Events

Book Discussion with Bruce Clark
Twice A Stranger: How Mass Expulsions Forged Modern Greece and Turkey

February 07, 2006 // 9:00am10:30am

Mr. Clark noted that the Lausanne Treaty defining Greek-Turkish relations after World War I is remarkably salient today, addressing the critical terms under which people of two faiths, Islam and Christianity, may or may not co-exist in modern society.

The treaty detailed the legal framework for the exchange of Greek Orthodox Turkish nationals and Muslim Greek nationals, excepting only a few locations in each country. Discourse surrounding the treaty centered on how to balance the severe moral consequences of expelling citizens for merely being members of the minority religious community, against the strategic need to establish a lasting peace in a region marked by one hundred years of near-continuous war.

The Lausanne Treaty was "the culmination, the crescendo, of a process whereby sharply defined nation-states were born out of the multinational Ottoman Empire - a process by which people came to see their identity in a new way, less exclusively in religious terms and more in ethnic national terms."

In this light, the "unmixing" of peoples, just months after the end of the Turkish-Greek war, was logically concluded. As many as a million Greek Orthodox Turkish nationals had already been expelled from Anatolia following the defeat of the Greek army. Turkish authorities were explicitly clear that the new Turkish republic had no place for disloyal Christian minorities.

If mass expulsion was already underway, what interest did each party serve in regulating this process by treaty?

For Greece, the Lausanne convention was the means to regulate the massive and otherwise uncontrollable influx of Orthodox Christians from Anatolia. The incoming refugees constituted nearly twenty percent of Greece's population, generating sufficient pressure on the Greek nation-state to nearly collapse it.

The expulsions of Muslims from Greece helped free up the farmlands of Greece's Macedonian region, where many of the Greek Orthodox Turkish nationals were then settled. The assets of the expelled Muslim families were essential in securing foreign loans that Greece needed to provide material support for its refugee population, in the face of considerable skepticism of Greece's credit-worthiness by the international banking sector.
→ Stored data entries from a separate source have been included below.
-- ===== src/Listing/Totals.antt =====
-- The total of all charges.
use blackrock.Prelude.{
  Bool-cases, Option-cases, inl, inr, none, true, false, ℕ, ◌<◌, ◌≡◌, ap, ◌∙◌, Option, some, List,
  [], ◌∷◌, length,
}
use blackrock.Prelude.Int.{ℤ, pos, ◌+ℤ◌, ◌-ℤ◌, int_laws}
use blackrock.Text.{Text}
use blackrock.Stripe.{Result, ok}
use blackrock.Listing.{Page, Charge, paid_of, refunded_of, reduce_charges, get_total_charges}
use blackrock.Listing.Complete.{Pages, read_pages_complete}

abbrev pub sum : List ℤ → ℤ
sum [] = pos 0
sum (n ∷ amounts) = n +ℤ sum amounts

-- The amounts of the charges that are paid.
abbrev pub paid_amounts : List Charge → List ℤ
paid_amounts [] = []
paid_amounts (c ∷ charges) =
    let rest = paid_amounts charges in
    elim c.paid [
      | false ↦ rest
      | true ↦ elim c.amount [ none ↦ rest | some amount ↦ amount ∷ rest ]
    ]

-- What was refunded of the charges that are marked as refunded.
abbrev pub refunded_amounts : List Charge → List ℤ
refunded_amounts [] = []
refunded_amounts (c ∷ charges) =
    let rest = refunded_amounts charges in
    elim c.refunded [
      | false ↦ rest
      | true ↦ elim c.amount_refunded [ none ↦ rest | some amount ↦ amount ∷ rest ]
    ]

sum-paid_amounts :
    (c : Charge) (charges : List Charge)
    → sum (paid_amounts (c ∷ charges)) ≡ paid_of c +ℤ sum (paid_amounts charges)
sum-paid_amounts c charges = elim (Bool-cases c.paid) [
  | inr unpaid ↦ rw unpaid (omega int_laws)
  | inl paid ↦ elim (Option-cases c.amount) [
    | inl missing ↦ rw (paid, missing) (omega int_laws)
    | inr (n, has) ↦ rw (paid, has)
  ]
]

sum-refunded_amounts :
    (c : Charge) (charges : List Charge)
    → sum (refunded_amounts (c ∷ charges)) ≡ refunded_of c +ℤ sum (refunded_amounts charges)
sum-refunded_amounts c charges = elim (Bool-cases c.refunded) [
  | inr kept ↦ rw kept (omega int_laws)
  | inl refunded ↦ elim (Option-cases c.amount_refunded) [
    | inl missing ↦ rw (refunded, missing) (omega int_laws)
    | inr (n, has) ↦ rw (refunded, has)
  ]
]

regroup : (a b t p r : ℤ) → a -ℤ b +ℤ t +ℤ p -ℤ r ≡ t +ℤ (a +ℤ p) -ℤ (b +ℤ r)
regroup a b t p r = omega int_laws

reduce_charges-sum :
    (total : ℤ) (charges : List Charge)
    → reduce_charges total charges
      ≡ total +ℤ sum (paid_amounts charges) -ℤ sum (refunded_amounts charges)
unfolding reduce_charges
reduce_charges-sum total [] = omega int_laws
reduce_charges-sum total (c ∷ charges) =
    rw (sum-paid_amounts c charges, sum-refunded_amounts c charges)
      (reduce_charges-sum (paid_of c -ℤ refunded_of c +ℤ total) charges
        ∙ regroup (paid_of c) (refunded_of c) total (sum (paid_amounts charges))
            (sum (refunded_amounts charges)))

-- Against a server that pages its charges as documented, with pages of at least one element, and with
-- fuel for one request more than there are charges, the total over all pages is the sum of the amounts of the paid charges less the
-- sum of what was refunded of the charges that are marked as refunded. What was refunded of a charge
-- without that mark, which is a refund in part, is not deducted.
pub get_total_charges_exact :
    (list : Option Text → Result (Page Charge)) (limit fuel : ℕ) (all : List Charge)
    → Pages (λ charge. charge.id) list limit all
    → 0 < limit
    → length all < fuel
    → get_total_charges list fuel ≡ some (ok (sum (paid_amounts all) -ℤ sum (refunded_amounts all)))
unfolding get_total_charges
get_total_charges_exact list limit fuel all paged some_each enough =
    rw (read_pages_complete (λ charge. charge.id) list limit all paged some_each fuel enough)
      (ap (λ n. some (ok n)) (reduce_charges-sum (pos 0) all ∙ omega int_laws))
Foreign investment in Greece was readily facilitated by the substantial assets left behind by expelled Muslims, which Athens then posited as securities for desperate loans. From this perspective, Mr. Clark sees an agreement to expel its Muslim population as an almost inevitable policy option for Greece.

For Turkey, one of the major attractions of a negotiated population exchange, as opposed to a spontaneous one, was that it made it impossible for anti-Turkish Western powers to use the expulsion against the new Turkish state in any international forum. The Lausanne Treaty provided Turkey with a much needed degree of legitimacy, validating the expulsions of Orthodox Christians and guaranteed that the country would not be drawn into legal disputes over the implementation of the population exchange in the future.
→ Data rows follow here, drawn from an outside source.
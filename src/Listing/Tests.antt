-- ===== src/Listing/Tests.antt =====
-- The page loop against a server with three charges and pages of two.
use blackrock.Prelude.{
  ℕ, ◌≡◌, refl, Bool, true, false, Option, none, some, List, [], ◌∷◌, ◌++◌, arith, if◌then◌else◌,
}
use blackrock.Prelude.Int.{pos, ◌+ℤ◌, ◌-ℤ◌}
use blackrock.Text.{Text, codes, text_eq}
use blackrock.Stripe.{Result, ok}
use blackrock.Listing.{Page, Charge, read_pages, get_total_charges}
use blackrock.Listing.Complete.{page_of, Pages, read_pages_complete}
use blackrock.Listing.Totals.{get_total_charges_exact}

abbrev charge : Text → ℕ → Bool → Charge
charge id amount refunded = record {
  id = id;
  paid = true;
  amount = some (pos amount);
  refunded = refunded;
  amount_refunded = some (pos amount);
}

abbrev charges : List Charge
charges =
    charge (codes "a") 500 false ∷ charge (codes "b") 70 true ∷ charge (codes "c") 30 false ∷ []

abbrev list : Option Text → Result (Page Charge)
list none = ok (page_of 2 charges)
list (some id) =
    if text_eq id (codes "a")
    then ok (page_of 2 (charge (codes "b") 70 true ∷ charge (codes "c") 30 false ∷ []))
    else if text_eq id (codes "b")
    then ok (page_of 2 (charge (codes "c") 30 false ∷ []))
    else ok (page_of 2 [])

run_pages : read_pages (λ c. c.id) list 4 [] none ≡ some (ok charges)
unfolding read_pages text_eq
run_pages = refl

no_room : (before rest : List Charge) (x : Charge) → [] ≡ before ++ x ∷ rest → ⊥
no_room [] rest x e = cc
no_room (_ ∷ before) rest x e = cc

list_behind :
    (before rest : List Charge) (x : Charge)
    → charges ≡ before ++ x ∷ rest
    → list (some x.id) ≡ ok (page_of 2 rest)
unfolding text_eq
list_behind [] rest x e =
    let same : x ≡ charge (codes "a") 500 false = cc in
    let tail : rest ≡ charge (codes "b") 70 true ∷ charge (codes "c") 30 false ∷ [] = cc in
    rw (same, tail)
list_behind (_ ∷ []) rest x e =
    let same : x ≡ charge (codes "b") 70 true = cc in
    let tail : rest ≡ charge (codes "c") 30 false ∷ [] = cc in rw (same, tail)
list_behind (_ ∷ _ ∷ []) rest x e =
    let same : x ≡ charge (codes "c") 30 false = cc in let tail : rest ≡ [] = cc in rw (same, tail)
list_behind (_ ∷ _ ∷ _ ∷ before) rest x e = absurd (no_room before rest x (tail_of before rest x e))
  where
    tail_of :
        {a b c : Charge} (before rest : List Charge) (x : Charge)
        → charges ≡ a ∷ b ∷ c ∷ (before ++ x ∷ rest)
        → [] ≡ before ++ x ∷ rest
    tail_of before rest x e = cc

list-Pages : Pages (λ c. c.id) list 2 charges
list-Pages = record { first = refl; behind = list_behind }

read_pages_complete_example : read_pages (λ c. c.id) list 4 [] none ≡ some (ok charges)
read_pages_complete_example =
    read_pages_complete (λ c. c.id) list 2 charges list-Pages (omega arith) 4 (omega arith)

get_total_charges_exact_example : get_total_charges list 4 ≡ some (ok (pos 530))
unfolding ◌+ℤ◌ ◌-ℤ◌
get_total_charges_exact_example =
    get_total_charges_exact list 2 4 charges list-Pages (omega arith) (omega arith)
Mr. Clark also focused on the present landscape and popular cultures of Greece and Turkey, as influenced by the population exchanges. The trauma and psychological pain of the expulsions have been underestimated, and down-played, by both countries and by the international community. Several factors have contributed to this, foremost the need for Greece and Turkey in the immediate aftermath of the war to build homogenous and functional nation-states. This led them to play down the similarities between the two nations and exaggerate the differences. Mr. Clark contends there are still traces of this very real trauma among the descendants of the transferred populations in both countries.

Though the humanitarian terms of the Lausanne Treaty were highly undesirable, from a modern perspective they have been successful. Its architects' calculations proved to be correct, in that the religiously homogeneous nation-states emerged from the treaty, from what were previously very diverse populations, despite their substantial cultural and ethnic diversity.

No part of this history diminishes the serious political, cultural, and social conflicts suffered by Greece and Turkey since the treaty was implemented. For instance, over the past century, Greece has experienced civil war, foreign occupation, and dictatorships.

But Mr. Clark concludes that the original problems of massive population expulsions and inflows were coupled with a healing process whereby, within a generation or so, refugees were absorbed into gradually more cohesive societies, offering diplomats today the hope for strong resolution mechanisms for even the most intense internal conflicts.